INFORMATION PROVIDED:
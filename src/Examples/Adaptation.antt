-- ===== src/Examples/Adaptation.antt =====
-- The network of one subscriber.
use waterbus_rs.Base.{◌≡◌, ◌≤◌, refl, false, [], ◌∷◌, length, arith}
use waterbus_rs.Base.Int.{pos, negsuc}
use waterbus_rs.Quality.{medium, from_u8}
use waterbus_rs.Network.{
  NetworkStats, default_stats, assess, as_millis, millis, secs, Report, Adaptation, monitor_rtcp,
}
use waterbus_rs.Network.History.{Tick, ticks, capped, count_reports, monitor_rtcp-IsBounded}
use waterbus_rs.Network.Steady.{IsBounded, repeat_update, steady_network}
use waterbus_rs.Network.Adapt.{late_tick_settles}

abbrev stats : NetworkStats
stats = record {
  delay_history = millis 200 ∷ [];
  jitter_history = 1 ∷ [];
  packet_loss_count = 0;
  last_quality_change = 1000;
  twcc_quality = medium;
}

-- Two deltas of 1 and of 20 milliseconds, and a loss.
abbrev report : Report
report = record { deltas = pos 1000 ∷ pos 20000 ∷ negsuc 4 ∷ []; now = secs 9; later = secs 9 }

abbrev adaptation : Adaptation
adaptation = record { preferred_quality = 3; stats = stats; notified = false }

abbrev tick : Tick
tick = record { reports = report ∷ report ∷ []; now = secs 9; later = secs 9 }

monitor_rtcp-IsBounded_example :
    (let s =
        (ticks
          (tick ∷ tick ∷ [])
          (record { preferred_quality = 2; stats = default_stats 5; notified = false })).stats in
      (length s.delay_history ≡ capped (count_reports (tick ∷ tick ∷ [])))
      × (length s.jitter_history ≡ capped (count_reports (tick ∷ tick ∷ [])))
      × (capped (count_reports (tick ∷ tick ∷ [])) ≤ 10))
monitor_rtcp-IsBounded_example = monitor_rtcp-IsBounded (tick ∷ tick ∷ []) 5 2 false

bounded : IsBounded stats
bounded = record { delays = omega arith; jitters = omega arith }

steady_network_example :
    (repeat_update 10 (millis 30) 1 (secs 9) stats).twcc_quality
    ≡ assess (as_millis (millis 30)) 1 0
steady_network_example =
    steady_network (millis 30) 1 (secs 9) stats bounded refl (omega arith) (omega arith)

late_tick_settles_example :
    from_u8 (monitor_rtcp (report ∷ []) (secs 9) (secs 9) adaptation).preferred_quality
    ≡ (monitor_rtcp (report ∷ []) (secs 9) (secs 9) adaptation).stats.twcc_quality
late_tick_settles_example = late_tick_settles report [] (secs 9) (secs 9) adaptation (omega arith)
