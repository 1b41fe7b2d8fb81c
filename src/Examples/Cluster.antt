-- ===== src/Examples/Cluster.antt =====
-- The nodes that a dispatcher knows.
use Prim.Native.String.{◌++◌ as str_append}
use Prim.Native.Nat.{Ordering, lt, eq, gt}
use waterbus_rs.Base.{
  ℕ, ◌+◌, ◌-◌, ◌*◌, ◌/◌, ◌≡◌, refl, false, String, string_eq, str_eq, Option, none, some, List, [],
  ◌∷◌, ltb, arith, if◌then◌else◌,
}
use waterbus_rs.Table.{get}
use waterbus_rs.Table.Keys.{IsMap}
use waterbus_rs.Dispatcher.Nodes.{
  Float, NodeMetadata, Nodes, node_key, nodes_prefix, delete, watch, watch_event, sync_nodes,
  get_node_least, least_from,
}
use waterbus_rs.Dispatcher.Nodes.Watch.{deleted_node_stays}
use waterbus_rs.Dispatcher.Nodes.Least.{IsOrdered, exceeds, chosen_node}

-- Numbers without a fraction.
abbrev pub compare : ℕ → ℕ → Option Ordering
compare a b = if ltb a b then some lt else if ltb b a then some gt else some eq

abbrev pub float : Float
float = record {
  F32 = ℕ;
  partial_cmp = compare;
  zero = 0;
  hundred = 100;
  add = λ a b. a + b;
  mul = λ a b. a * b;
  sub = λ a b. a - b;
  div = λ a b. a / b;
  of_ℕ = λ n. n;
}

ordered : IsOrdered float
ordered = record {
  irrefl = λ a. ground arith;
  asymm = λ a b h. ground arith;
  trans = λ a b c h k. ground arith;
}

abbrev pub node : String → ℕ → NodeMetadata float
node addr cpu = record { addr = addr; cpu = cpu; ram = 50; group_id = "g" }

abbrev pub nodes : Nodes float
nodes = ("n1", node "10.0.0.1" 80) ∷ ("n2", node "10.0.0.2" 20) ∷ []

pub chosen : get_node_least float "g" nodes ≡ some ("n2", node "10.0.0.2" 20)
unfolding get_node_least least_from
chosen = refl

abbrev read_node : String → Option (NodeMetadata float)
read_node val = if str_eq val "{n3}" then some (node "10.0.0.3" 90) else none

abbrev answered_by_etcd : List (String × String)
answered_by_etcd = ("/sfu/nodes/n3", "{n3}") ∷ []

deleted_node_stays_example :
    (get "n3"
        (watch_event float read_node nodes_prefix
          (delete (node_key "n3"))
          (watch float read_node nodes_prefix []
            (sync_nodes float read_node answered_by_etcd [])).0).0
      ≡ get "n3"
          (watch float read_node nodes_prefix []
            (sync_nodes float read_node answered_by_etcd [])).0)
    × ((watch_event float read_node nodes_prefix
          (delete (node_key "n3"))
          (watch float read_node nodes_prefix []
            (sync_nodes float read_node answered_by_etcd [])).0).1
        ≡ str_append "/" "n3" ∷ [])
deleted_node_stays_example = deleted_node_stays float read_node answered_by_etcd [] "n3" "n3"

nodes-IsMap : IsMap nodes
nodes-IsMap = unfold get in (refl, (refl, tt))

known : get "n1" nodes ≡ some (node "10.0.0.1" 80)
unfolding get
known = refl

chosen_node_example :
    (get "n2" nodes ≡ some (node "10.0.0.2" 20))
    × ((node "10.0.0.2" 20).group_id ≡ "g")
    × (exceeds float 20 80 ≡ false)
chosen_node_example =
    chosen_node float ordered "g" nodes nodes-IsMap "n2" "n1" (node "10.0.0.2" 20)
      (node "10.0.0.1" 80) chosen known refl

WHAT IS BEING ASKED: Only lines holding the word "Base" are wanted; copy each one from the listing.

ANSWER BOX:
use waterbus_rs.Base.{◌≡◌, ◌≤◌, refl, false, [], ◌∷◌, length, arith}
use waterbus_rs.Base.Int.{pos, negsuc}
use waterbus_rs.Base.{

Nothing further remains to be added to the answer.